▶ [YOUR ASSIGNMENT]:
In the records that follow, find the line with "if starts_with (codes"; from there, retype every line exactly through the line with "unfoldable pub read_context_files", which also belongs to the answer.

Collected data entries
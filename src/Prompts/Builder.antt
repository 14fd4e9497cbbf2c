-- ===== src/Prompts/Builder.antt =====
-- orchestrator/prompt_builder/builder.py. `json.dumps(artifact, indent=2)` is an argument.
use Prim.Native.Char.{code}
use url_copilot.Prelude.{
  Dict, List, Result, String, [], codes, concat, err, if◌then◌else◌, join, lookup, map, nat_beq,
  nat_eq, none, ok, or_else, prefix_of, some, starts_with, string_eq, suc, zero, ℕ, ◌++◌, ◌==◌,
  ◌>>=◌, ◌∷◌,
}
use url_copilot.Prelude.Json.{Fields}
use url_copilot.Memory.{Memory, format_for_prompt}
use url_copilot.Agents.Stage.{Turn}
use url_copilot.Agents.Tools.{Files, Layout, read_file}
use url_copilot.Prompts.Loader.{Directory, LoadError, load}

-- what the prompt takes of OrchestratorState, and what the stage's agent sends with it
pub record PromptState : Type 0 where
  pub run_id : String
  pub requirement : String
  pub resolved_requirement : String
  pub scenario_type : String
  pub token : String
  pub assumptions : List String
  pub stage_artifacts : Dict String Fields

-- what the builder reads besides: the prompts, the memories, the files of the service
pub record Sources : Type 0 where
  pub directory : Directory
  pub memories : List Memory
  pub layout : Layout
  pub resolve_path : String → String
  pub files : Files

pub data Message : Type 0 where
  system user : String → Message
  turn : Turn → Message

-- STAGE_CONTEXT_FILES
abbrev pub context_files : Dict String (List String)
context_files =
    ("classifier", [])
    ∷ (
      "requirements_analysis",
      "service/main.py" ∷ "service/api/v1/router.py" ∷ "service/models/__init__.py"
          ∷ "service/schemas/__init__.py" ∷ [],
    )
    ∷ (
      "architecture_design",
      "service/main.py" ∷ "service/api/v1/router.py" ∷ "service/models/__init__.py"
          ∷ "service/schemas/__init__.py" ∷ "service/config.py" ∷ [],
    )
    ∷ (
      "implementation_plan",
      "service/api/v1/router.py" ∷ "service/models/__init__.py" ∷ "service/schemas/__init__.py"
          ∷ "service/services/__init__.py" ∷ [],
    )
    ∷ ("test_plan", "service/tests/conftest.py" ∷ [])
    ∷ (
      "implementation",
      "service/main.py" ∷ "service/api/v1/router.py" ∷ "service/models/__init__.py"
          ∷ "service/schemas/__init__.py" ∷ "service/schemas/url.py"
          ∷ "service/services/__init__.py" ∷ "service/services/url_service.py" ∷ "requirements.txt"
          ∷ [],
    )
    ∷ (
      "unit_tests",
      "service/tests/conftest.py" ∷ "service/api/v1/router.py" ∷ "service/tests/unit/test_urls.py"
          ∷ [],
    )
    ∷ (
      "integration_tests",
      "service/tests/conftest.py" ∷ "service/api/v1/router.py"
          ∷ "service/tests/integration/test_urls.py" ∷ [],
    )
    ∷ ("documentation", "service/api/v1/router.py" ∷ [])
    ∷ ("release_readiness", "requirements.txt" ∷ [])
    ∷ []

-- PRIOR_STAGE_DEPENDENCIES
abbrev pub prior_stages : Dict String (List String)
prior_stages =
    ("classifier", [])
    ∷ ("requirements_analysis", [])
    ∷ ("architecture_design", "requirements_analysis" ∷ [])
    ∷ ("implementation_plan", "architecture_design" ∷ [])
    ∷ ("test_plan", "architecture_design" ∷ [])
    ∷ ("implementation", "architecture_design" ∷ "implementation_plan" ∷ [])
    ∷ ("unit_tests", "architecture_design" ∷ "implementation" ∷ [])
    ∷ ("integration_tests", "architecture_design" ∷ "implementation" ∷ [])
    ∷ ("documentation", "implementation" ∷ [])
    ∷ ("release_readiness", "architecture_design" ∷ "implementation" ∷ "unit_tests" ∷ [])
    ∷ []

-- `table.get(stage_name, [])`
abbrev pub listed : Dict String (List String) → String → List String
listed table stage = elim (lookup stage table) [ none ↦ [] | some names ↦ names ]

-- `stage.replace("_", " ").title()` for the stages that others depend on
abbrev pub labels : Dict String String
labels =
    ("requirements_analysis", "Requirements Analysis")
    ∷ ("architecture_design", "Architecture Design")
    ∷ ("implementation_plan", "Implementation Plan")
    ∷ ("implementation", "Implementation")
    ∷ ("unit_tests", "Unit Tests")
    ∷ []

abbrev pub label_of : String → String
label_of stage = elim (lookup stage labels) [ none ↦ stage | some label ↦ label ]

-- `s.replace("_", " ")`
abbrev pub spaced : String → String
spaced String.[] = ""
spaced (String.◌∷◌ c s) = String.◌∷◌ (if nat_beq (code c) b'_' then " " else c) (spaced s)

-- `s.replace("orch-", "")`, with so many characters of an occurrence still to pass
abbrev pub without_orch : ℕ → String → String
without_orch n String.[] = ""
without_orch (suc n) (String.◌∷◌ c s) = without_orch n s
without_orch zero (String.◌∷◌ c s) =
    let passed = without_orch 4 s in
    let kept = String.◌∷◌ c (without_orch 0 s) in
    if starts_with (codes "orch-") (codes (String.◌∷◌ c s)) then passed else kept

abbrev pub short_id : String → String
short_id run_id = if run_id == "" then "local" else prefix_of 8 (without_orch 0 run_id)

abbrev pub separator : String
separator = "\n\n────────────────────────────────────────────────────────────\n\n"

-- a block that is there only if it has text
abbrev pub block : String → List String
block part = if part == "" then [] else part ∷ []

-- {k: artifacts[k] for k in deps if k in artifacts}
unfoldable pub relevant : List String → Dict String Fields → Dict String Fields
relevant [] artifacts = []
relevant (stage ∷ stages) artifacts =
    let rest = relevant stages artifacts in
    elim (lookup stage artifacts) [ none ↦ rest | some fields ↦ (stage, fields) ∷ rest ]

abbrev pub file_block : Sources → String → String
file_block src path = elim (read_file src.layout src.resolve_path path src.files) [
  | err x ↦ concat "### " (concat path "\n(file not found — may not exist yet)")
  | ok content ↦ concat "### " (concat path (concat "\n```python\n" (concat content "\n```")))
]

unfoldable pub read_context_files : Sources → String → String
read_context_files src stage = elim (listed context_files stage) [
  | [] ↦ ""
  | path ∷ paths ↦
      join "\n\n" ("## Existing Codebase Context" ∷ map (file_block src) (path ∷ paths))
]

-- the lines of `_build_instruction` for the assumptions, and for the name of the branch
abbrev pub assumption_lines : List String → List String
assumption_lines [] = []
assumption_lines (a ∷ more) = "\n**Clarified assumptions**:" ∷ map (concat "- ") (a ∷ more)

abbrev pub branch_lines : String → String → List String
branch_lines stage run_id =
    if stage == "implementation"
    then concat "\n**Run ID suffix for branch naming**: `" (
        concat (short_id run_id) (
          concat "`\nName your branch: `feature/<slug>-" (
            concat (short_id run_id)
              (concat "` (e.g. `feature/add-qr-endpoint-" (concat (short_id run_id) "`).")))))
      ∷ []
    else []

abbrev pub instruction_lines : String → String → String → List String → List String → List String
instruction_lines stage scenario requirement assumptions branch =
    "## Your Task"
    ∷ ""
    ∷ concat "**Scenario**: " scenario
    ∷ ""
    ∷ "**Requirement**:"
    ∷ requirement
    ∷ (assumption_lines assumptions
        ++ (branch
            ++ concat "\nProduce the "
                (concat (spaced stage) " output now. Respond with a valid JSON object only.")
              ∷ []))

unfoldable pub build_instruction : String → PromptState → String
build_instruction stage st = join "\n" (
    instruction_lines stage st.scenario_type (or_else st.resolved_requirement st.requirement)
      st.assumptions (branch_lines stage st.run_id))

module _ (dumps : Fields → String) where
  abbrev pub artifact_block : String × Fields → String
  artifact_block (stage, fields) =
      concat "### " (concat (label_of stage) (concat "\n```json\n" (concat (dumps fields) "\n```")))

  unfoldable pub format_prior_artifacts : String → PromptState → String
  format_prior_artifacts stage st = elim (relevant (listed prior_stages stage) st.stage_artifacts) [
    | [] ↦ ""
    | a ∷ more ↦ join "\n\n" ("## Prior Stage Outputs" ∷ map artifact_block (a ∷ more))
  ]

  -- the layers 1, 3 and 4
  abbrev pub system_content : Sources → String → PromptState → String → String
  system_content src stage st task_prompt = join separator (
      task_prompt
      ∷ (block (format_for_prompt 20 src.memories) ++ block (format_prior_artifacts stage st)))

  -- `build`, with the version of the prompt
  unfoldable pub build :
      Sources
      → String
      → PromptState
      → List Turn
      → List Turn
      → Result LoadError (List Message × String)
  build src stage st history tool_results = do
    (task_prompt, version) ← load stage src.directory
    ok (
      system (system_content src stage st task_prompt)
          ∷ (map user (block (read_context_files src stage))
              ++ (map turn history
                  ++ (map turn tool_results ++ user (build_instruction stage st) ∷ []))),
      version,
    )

▶ [TASK OUTPUT]:
    if starts_with (codes "orch-") (codes (String.◌∷◌ c s)) then passed else kept

abbrev pub short_id : String → String
short_id run_id = if run_id == "" then "local" else prefix_of 8 (without_orch 0 run_id)

abbrev pub separator : String
separator = "\n\n────────────────────────────────────────────────────────────\n\n"

-- a block that is there only if it has text
abbrev pub block : String → List String
block part = if part == "" then [] else part ∷ []

-- {k: artifacts[k] for k in deps if k in artifacts}
unfoldable pub relevant : List String → Dict String Fields → Dict String Fields
relevant [] artifacts = []
relevant (stage ∷ stages) artifacts =
    let rest = relevant stages artifacts in
    elim (lookup stage artifacts) [ none ↦ rest | some fields ↦ (stage, fields) ∷ rest ]

abbrev pub file_block : Sources → String → String
file_block src path = elim (read_file src.layout src.resolve_path path src.files) [
  | err x ↦ concat "### " (concat path "\n(file not found — may not exist yet)")
  | ok content ↦ concat "### " (concat path (concat "\n```python\n" (concat content "\n```")))
]

unfoldable pub read_context_files : Sources → String → String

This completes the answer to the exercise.